(Task input begins)

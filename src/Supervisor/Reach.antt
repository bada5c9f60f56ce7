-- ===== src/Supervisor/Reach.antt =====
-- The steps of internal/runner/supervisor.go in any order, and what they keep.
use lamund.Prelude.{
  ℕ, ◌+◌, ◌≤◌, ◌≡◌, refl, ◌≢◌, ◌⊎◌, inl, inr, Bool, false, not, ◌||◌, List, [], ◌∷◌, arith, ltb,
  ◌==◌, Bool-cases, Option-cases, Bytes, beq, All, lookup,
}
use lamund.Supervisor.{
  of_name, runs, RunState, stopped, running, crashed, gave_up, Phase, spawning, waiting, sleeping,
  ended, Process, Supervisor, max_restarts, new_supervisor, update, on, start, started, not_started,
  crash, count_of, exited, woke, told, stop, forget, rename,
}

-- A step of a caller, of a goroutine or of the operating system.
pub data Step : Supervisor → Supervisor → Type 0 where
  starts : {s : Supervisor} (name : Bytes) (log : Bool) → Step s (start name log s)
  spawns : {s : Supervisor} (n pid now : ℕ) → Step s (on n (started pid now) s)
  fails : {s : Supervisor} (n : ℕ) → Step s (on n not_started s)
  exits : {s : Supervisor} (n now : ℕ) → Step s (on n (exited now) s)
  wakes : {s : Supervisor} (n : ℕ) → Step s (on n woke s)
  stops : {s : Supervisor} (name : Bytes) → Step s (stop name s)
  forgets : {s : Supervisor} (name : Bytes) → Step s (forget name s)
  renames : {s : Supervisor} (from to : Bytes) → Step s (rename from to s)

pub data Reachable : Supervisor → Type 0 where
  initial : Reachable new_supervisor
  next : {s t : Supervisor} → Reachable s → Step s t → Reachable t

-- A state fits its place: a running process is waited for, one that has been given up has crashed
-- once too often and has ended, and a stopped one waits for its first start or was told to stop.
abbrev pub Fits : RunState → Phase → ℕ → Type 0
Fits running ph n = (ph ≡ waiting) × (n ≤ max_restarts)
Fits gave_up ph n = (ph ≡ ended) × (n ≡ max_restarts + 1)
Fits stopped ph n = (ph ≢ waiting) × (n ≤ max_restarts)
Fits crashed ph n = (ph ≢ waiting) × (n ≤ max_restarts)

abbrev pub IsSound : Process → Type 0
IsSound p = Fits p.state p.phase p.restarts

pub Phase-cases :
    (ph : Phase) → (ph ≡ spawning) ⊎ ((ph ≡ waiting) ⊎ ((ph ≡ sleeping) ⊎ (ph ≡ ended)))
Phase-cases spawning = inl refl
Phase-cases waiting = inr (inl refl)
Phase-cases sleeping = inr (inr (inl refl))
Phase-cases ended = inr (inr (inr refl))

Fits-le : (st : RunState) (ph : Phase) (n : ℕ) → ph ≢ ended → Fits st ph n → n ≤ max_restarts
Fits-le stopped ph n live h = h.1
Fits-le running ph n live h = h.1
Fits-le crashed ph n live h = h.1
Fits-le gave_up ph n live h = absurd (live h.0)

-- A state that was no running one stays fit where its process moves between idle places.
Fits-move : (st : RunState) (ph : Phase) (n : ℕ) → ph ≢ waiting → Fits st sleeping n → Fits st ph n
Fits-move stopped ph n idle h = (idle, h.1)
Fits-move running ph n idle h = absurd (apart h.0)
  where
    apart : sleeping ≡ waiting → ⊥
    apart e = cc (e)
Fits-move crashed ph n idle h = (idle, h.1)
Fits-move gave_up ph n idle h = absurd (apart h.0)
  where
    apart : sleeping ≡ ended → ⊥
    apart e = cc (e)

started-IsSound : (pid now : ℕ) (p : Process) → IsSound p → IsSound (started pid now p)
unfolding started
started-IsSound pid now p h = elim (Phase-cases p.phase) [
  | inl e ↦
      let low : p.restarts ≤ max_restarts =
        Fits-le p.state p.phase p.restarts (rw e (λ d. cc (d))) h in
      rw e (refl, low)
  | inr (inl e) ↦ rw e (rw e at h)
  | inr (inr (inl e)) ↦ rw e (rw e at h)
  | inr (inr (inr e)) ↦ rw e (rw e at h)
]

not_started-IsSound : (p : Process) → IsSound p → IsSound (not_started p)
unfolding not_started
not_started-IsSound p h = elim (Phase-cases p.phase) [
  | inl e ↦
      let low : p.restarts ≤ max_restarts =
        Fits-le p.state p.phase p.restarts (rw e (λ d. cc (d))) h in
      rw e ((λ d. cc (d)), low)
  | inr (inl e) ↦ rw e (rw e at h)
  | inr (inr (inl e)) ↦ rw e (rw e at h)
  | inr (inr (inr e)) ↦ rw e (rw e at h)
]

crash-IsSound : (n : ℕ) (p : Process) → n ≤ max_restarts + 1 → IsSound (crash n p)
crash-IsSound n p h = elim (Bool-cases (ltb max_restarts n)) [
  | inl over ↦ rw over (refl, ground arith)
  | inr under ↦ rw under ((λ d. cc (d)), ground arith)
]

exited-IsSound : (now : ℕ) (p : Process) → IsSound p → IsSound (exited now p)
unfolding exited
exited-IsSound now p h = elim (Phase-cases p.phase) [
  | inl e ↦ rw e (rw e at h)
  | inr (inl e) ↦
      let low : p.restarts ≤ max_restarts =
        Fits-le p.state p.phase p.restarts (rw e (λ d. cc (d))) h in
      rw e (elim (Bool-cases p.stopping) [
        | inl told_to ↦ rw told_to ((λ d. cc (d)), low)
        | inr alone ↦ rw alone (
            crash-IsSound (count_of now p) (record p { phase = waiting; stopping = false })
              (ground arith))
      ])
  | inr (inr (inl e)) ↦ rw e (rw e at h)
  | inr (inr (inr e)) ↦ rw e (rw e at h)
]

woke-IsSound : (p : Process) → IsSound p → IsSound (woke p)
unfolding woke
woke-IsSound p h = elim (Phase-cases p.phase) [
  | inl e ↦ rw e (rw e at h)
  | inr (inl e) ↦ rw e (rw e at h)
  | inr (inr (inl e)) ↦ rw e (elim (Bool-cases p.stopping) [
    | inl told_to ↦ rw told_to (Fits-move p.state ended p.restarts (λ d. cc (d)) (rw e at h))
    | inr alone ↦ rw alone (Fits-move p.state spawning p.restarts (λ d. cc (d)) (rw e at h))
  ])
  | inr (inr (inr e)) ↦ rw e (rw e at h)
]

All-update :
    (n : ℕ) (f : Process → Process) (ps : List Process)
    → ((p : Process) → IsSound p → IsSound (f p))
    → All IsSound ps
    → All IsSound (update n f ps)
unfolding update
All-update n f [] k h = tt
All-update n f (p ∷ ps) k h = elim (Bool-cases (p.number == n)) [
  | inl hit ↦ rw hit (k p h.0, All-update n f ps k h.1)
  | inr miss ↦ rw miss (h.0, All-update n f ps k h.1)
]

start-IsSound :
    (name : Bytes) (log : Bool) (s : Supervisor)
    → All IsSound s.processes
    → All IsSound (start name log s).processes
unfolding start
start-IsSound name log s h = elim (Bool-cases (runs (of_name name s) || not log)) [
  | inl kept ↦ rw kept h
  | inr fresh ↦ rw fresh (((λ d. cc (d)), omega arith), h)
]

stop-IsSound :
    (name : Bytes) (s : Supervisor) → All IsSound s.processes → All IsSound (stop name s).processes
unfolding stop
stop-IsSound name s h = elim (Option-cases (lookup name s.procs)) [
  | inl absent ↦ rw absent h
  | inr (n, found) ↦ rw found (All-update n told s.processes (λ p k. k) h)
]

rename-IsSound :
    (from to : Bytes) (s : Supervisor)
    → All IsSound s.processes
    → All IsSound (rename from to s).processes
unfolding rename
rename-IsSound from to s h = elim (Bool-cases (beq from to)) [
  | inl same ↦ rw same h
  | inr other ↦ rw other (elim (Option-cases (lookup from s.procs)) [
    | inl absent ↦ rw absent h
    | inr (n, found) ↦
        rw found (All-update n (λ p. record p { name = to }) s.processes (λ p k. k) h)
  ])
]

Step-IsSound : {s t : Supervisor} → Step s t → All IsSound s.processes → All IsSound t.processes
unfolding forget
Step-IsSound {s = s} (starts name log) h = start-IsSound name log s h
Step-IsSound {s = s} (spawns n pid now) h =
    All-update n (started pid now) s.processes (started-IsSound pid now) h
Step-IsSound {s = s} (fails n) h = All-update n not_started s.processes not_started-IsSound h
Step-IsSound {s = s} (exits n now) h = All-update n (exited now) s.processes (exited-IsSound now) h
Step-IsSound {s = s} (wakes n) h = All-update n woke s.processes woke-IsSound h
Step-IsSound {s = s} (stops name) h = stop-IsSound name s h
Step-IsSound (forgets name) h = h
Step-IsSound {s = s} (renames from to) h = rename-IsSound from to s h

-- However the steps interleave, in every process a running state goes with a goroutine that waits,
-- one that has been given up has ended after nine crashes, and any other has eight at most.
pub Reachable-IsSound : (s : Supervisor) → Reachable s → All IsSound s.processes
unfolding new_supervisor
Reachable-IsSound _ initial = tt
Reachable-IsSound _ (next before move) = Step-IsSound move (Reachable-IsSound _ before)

(Task input ends)
(Task input begins)

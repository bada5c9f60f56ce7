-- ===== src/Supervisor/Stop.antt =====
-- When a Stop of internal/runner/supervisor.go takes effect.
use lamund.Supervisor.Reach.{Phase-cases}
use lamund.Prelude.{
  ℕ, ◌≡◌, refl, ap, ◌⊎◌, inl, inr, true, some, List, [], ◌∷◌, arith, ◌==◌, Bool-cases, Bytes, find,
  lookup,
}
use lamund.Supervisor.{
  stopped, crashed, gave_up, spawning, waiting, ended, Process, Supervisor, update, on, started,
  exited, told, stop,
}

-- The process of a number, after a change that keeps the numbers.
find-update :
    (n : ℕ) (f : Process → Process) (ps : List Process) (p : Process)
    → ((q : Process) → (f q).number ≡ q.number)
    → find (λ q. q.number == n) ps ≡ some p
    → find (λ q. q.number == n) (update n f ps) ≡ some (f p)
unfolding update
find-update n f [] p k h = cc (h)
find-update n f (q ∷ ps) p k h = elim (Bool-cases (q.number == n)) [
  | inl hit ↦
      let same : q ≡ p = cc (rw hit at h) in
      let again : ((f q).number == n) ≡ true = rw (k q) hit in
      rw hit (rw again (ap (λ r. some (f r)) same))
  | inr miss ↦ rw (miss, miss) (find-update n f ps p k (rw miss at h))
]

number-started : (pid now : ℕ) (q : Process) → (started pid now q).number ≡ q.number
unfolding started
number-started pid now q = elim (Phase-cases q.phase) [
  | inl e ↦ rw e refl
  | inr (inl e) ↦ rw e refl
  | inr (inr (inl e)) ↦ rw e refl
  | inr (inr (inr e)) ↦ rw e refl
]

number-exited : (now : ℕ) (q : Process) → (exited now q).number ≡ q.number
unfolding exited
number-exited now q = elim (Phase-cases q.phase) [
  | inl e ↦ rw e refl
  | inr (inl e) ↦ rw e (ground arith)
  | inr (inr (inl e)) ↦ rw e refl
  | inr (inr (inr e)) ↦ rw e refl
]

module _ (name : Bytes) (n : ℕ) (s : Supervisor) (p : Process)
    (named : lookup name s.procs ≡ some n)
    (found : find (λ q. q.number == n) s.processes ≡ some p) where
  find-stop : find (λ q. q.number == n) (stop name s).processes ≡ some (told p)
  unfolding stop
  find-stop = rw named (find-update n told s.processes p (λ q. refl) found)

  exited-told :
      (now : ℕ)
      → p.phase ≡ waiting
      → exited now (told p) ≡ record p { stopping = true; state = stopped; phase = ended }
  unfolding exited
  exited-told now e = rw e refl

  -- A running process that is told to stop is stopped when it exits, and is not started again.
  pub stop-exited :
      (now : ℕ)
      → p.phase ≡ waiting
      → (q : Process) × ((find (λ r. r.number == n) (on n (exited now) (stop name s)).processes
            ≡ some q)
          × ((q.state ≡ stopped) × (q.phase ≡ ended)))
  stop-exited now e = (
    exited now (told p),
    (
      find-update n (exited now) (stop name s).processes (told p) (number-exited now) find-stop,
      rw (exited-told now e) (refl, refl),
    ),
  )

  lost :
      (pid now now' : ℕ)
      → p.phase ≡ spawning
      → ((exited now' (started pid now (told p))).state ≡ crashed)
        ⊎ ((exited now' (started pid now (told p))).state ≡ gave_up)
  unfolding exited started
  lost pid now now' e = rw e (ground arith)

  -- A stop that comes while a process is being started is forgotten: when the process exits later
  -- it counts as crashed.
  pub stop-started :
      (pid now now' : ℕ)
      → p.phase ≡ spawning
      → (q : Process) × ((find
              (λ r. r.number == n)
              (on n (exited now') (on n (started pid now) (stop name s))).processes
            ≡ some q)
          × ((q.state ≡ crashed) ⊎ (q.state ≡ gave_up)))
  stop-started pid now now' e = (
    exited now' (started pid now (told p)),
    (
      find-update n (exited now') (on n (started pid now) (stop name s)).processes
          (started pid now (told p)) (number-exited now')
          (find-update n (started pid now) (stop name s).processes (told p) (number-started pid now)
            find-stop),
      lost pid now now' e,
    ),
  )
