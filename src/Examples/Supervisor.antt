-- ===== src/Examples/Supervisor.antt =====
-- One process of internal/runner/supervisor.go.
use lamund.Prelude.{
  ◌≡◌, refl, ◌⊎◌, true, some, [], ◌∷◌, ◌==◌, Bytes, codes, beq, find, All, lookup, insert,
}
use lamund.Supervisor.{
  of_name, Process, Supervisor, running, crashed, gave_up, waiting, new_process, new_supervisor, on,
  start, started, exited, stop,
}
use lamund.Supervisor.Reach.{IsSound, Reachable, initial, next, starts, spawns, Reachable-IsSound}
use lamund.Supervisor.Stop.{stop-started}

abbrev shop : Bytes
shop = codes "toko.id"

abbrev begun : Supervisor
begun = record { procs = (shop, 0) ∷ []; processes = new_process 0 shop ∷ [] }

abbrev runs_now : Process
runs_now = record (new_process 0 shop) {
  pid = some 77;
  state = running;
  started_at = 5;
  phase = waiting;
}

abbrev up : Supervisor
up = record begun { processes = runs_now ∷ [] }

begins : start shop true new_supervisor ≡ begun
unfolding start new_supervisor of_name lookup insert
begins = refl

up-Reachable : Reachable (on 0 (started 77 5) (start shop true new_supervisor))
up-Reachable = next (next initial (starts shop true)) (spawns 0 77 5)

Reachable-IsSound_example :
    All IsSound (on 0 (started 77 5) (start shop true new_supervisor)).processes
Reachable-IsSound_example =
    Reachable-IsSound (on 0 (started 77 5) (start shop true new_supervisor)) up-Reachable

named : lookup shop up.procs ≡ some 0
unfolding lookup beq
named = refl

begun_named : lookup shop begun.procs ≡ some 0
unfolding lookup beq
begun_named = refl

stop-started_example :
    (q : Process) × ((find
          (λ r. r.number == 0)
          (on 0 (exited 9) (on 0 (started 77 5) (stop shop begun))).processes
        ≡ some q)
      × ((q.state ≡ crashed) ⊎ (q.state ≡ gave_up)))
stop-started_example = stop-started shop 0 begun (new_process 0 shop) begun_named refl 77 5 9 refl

(Task input ends)
(Task input begins)

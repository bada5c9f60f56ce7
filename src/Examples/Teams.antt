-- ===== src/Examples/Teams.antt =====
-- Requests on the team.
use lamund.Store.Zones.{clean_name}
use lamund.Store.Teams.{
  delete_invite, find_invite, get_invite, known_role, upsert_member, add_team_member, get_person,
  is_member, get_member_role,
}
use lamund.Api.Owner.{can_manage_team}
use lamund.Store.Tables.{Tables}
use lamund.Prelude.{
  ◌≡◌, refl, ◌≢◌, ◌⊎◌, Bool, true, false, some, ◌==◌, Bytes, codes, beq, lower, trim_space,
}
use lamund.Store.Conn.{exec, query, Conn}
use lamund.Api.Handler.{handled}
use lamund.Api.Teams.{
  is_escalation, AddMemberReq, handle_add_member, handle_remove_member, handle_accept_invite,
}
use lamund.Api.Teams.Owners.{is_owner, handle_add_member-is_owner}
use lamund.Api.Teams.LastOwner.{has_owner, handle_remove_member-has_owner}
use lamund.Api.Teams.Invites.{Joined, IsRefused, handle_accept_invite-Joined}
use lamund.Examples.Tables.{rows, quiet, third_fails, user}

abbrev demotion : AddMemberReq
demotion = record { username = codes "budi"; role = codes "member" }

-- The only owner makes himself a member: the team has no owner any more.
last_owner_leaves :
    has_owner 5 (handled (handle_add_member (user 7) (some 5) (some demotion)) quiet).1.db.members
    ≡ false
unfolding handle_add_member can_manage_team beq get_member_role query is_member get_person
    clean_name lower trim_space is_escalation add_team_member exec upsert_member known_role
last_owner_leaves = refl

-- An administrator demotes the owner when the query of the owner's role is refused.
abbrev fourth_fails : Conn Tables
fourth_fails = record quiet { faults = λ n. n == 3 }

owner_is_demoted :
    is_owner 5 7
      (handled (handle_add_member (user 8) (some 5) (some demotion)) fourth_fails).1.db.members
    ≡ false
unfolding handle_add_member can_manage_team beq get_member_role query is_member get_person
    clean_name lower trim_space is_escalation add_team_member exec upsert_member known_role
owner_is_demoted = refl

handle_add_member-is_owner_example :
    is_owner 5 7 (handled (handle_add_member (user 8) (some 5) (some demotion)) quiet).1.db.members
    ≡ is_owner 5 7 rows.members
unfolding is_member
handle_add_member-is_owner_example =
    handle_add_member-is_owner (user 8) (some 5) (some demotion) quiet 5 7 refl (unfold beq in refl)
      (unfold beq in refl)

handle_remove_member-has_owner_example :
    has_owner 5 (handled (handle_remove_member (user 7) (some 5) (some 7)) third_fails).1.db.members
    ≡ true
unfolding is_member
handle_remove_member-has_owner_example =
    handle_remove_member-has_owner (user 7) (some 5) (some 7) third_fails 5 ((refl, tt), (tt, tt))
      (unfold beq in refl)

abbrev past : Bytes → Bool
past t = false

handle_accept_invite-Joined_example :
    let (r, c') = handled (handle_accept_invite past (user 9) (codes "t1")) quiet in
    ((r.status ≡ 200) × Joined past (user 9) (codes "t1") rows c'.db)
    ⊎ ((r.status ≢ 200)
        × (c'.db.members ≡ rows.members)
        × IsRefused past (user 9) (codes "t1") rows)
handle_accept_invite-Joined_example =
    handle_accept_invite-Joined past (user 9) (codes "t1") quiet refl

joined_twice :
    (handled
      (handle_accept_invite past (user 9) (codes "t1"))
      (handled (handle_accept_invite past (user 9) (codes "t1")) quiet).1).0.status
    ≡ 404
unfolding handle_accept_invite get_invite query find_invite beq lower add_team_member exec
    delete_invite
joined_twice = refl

(Task input ends)

▶ **Problem description**: Above are the records; copy each line from them that includes the string "stops".

▶ **Written solution**:
  stops : {s : Supervisor} (name : Bytes) → Step s (stop name s)
Step-IsSound {s = s} (stops name) h = stop-IsSound name s h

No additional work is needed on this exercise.